City of God (Brazil, 2003)
Directed by Alexandre Rodrigues
With its vivid cast of characters eking out an existence at the margins in a modern-day developing nation megacity, Alexandre Rodrigues’ thrilling, gritty City of God has got a lot to compare with Running through Beijing. Though the film definitely takes the cake in terms of violence (this is not a movie for the faint of heart), the stories of young men hustling to stay one step ahead from everything trying to drag them down certainly resonate with one another.

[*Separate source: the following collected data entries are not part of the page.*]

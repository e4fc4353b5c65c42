-- ===== src/Custody/Writes.antt =====
-- Custody under the writes of an instruction.
use clustly_solana_escrow.Base.{◌≡◌, ◌≢◌, inl, inr, true, false, ◌==◌, arith, Bool-cases}
use clustly_solana_escrow.Base.Dict.{lookup, lookup-insert}
use clustly_solana_escrow.State.{
  Pubkey, EscrowConfig, EscrowTask, EscrowClaim, task_status, open_task,
}
use clustly_solana_escrow.Platform.{Ledger, Platform}
use clustly_solana_escrow.World.{World, Account, config_account, task_account, config_seeds, store}
use clustly_solana_escrow.Contract.Reasons.{ConfigAt, TaskAt}
use clustly_solana_escrow.Custody.Spending.{KeepsOthers}
use clustly_solana_escrow.Slots.Settle.{Earlier, written}
use clustly_solana_escrow.Slots.Writes.{lookup-after}
use clustly_solana_escrow.Custody.Defs.{Covered, Custody, Covered-others}

module _ (p : Platform) (mint : Pubkey) (w : World) (task_key claim_key : Pubkey)
    (task task' : EscrowTask) (claim' : EscrowClaim) (ledger : Ledger) where
  abbrev after : World
  after = written w task_key claim_key task task' claim' ledger

  -- A task and a claim of it are written, and tokens leave the task's accounts alone.
  pub written-Custody :
      Custody p mint w
      → TaskAt w task_key task
      → Earlier task_key (lookup claim_key w.accounts)
      → KeepsOthers task_key w.ledger ledger
      → (task_status task' ≡ open_task → Covered p mint ledger task_key task')
      → Custody p mint after
  written-Custody c at e keeps here = record {
    configured =
        let (d, here) = c.configured in
        (d, config_stays d (p.find_program_address config_seeds).0 here);
    pinned = λ k d h.
        ground
          (arith, c.pinned k d, lookup-after w.accounts task_key claim_key task task' claim' k);
    covered = λ k t h op. elim (Bool-cases (task_key == k)) [
      | inl same ↦ let (t_eq, k_eq) = at_task k t same h in rw k_eq (rw t_eq (here (rw t_eq at op)))
      | inr other ↦
          let (old, ne) = elsewhere k t other h in
          Covered-others p mint task_key k t w.ledger ledger keeps ne (c.covered k t old op)
    ];
  }
    where
      config_stays : (d : EscrowConfig) (k : Pubkey) → ConfigAt w k d → ConfigAt after k d
      config_stays d k h =
          ground (arith, at, e, lookup-after w.accounts task_key claim_key task task' claim' k)

      at_task :
          (k : Pubkey) (t : EscrowTask)
          → (task_key == k) ≡ true
          → TaskAt after k t
          → (t ≡ task') × (k ≡ task_key)
      at_task k t same h =
          ground (arith, at, e, lookup-after w.accounts task_key claim_key task task' claim' k)

      elsewhere :
          (k : Pubkey) (t : EscrowTask)
          → (task_key == k) ≡ false
          → TaskAt after k t
          → TaskAt w k t × (k ≢ task_key)
      elsewhere k t other h =
          ground (arith, lookup-after w.accounts task_key claim_key task task' claim' k)

module _ (p : Platform) (mint : Pubkey) (w : World) (j : Pubkey) (a : Account) (ledger : Ledger)
    (o : Pubkey) where
  -- One account is written, and tokens leave the accounts of one owner, who is no task or whose
  -- task is the one written.
  pub once-Custody :
      Custody p mint w
      → ((c : EscrowConfig) → ConfigAt w j c → (c' : EscrowConfig) × (a ≡ config_account c'))
      → ((c : EscrowConfig) → config_account c ≡ a → c.usdc_mint ≡ mint)
      → KeepsOthers o w.ledger ledger
      → ((k : Pubkey) (t : EscrowTask) → TaskAt w k t → k ≢ j → k ≢ o)
      → ((t : EscrowTask)
          → task_account t ≡ a
          → task_status t ≡ open_task
          → Covered p mint ledger j t)
      → Custody p mint (store j a (record w { ledger = ledger }))
  once-Custody c stay pin keeps apart here = record {
    configured =
        let (d, there) = c.configured in
        config_stays d (p.find_program_address config_seeds).0 there;
    pinned = λ k d h. ground (arith, pin d, c.pinned k d, lookup-insert j k a w.accounts);
    covered = λ k t h op. elim (Bool-cases (j == k)) [
      | inl same ↦ let (t_eq, k_eq) = at_written k t same h in rw k_eq (here t t_eq op)
      | inr other ↦
          let (old, ne) = elsewhere k t other h in
          Covered-others p mint o k t w.ledger ledger keeps (apart k t old ne)
            (c.covered k t old op)
    ];
  }
    where
      config_stays :
          (d : EscrowConfig) (k : Pubkey)
          → ConfigAt w k d
          → (d' : EscrowConfig) × ConfigAt (store j a (record w { ledger = ledger })) k d'
      config_stays d k h = elim (Bool-cases (j == k)) [
        | inl same ↦
            let (d', e) = stay d (rw (jk same) h) in
            (d', ground (arith, e, lookup-insert j k a w.accounts))
        | inr other ↦ (d, ground (arith, lookup-insert j k a w.accounts))
      ]
        where
          jk : (j == k) ≡ true → j ≡ k
          jk e = ground arith

      at_written :
          (k : Pubkey) (t : EscrowTask)
          → (j == k) ≡ true
          → TaskAt (store j a (record w { ledger = ledger })) k t
          → (task_account t ≡ a) × (k ≡ j)
      at_written k t same h = ground (arith, lookup-insert j k a w.accounts)

      elsewhere :
          (k : Pubkey) (t : EscrowTask)
          → (j == k) ≡ false
          → TaskAt (store j a (record w { ledger = ledger })) k t
          → TaskAt w k t × (k ≢ j)
      elsewhere k t other h = ground (arith, lookup-insert j k a w.accounts)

Consider these two your summer thrill ride!
The movie was adapted from a novel called City of God as well, by Bráulio Mantovani, it has been nominated for 4 Oscars (which is a pretty big deal for a foreign movie) and won a BAFTA award. The story is basically about a boy named Rocket who grows up in the housing projects the government made called the City of God. Murders and gang violence are an everyday occurrence within the city, and it shocks you to realize that this is actually based on a true story.
Mother Joan of the Angels (Poland, 1961)
Directed by Jerzy Kawalerowicz
Who among us couldn’t love a creepy story of a young man sent to clean up a 17th-century convent where all of the young nuns have been possessed by a demon—and all based on an infamous historical occurrence? This intense film from Poland’s burgeoning postwar film industry won the Special Jury Prize at the 1961 Cannes Film Festival, and we think few foreign films would pair better with Quiet Creature or My Heart Hemmed In.
The greatest set piece of the film is the exorcism scene. It begins with the nuns entering the frame one-by-one in a trance-like procession, as if floating on air, and ends with the juxtaposition of images of a flight of birds with the frenetic dance of the nuns agitating their white habits, symbolizing freedom and entrapment. In the middle everything is meticulously choreographed by Kawalerowicz to achieve a permanent state of doubt, repression, sin, guilt and pain, of love and loss in an unforgivable and soulless world.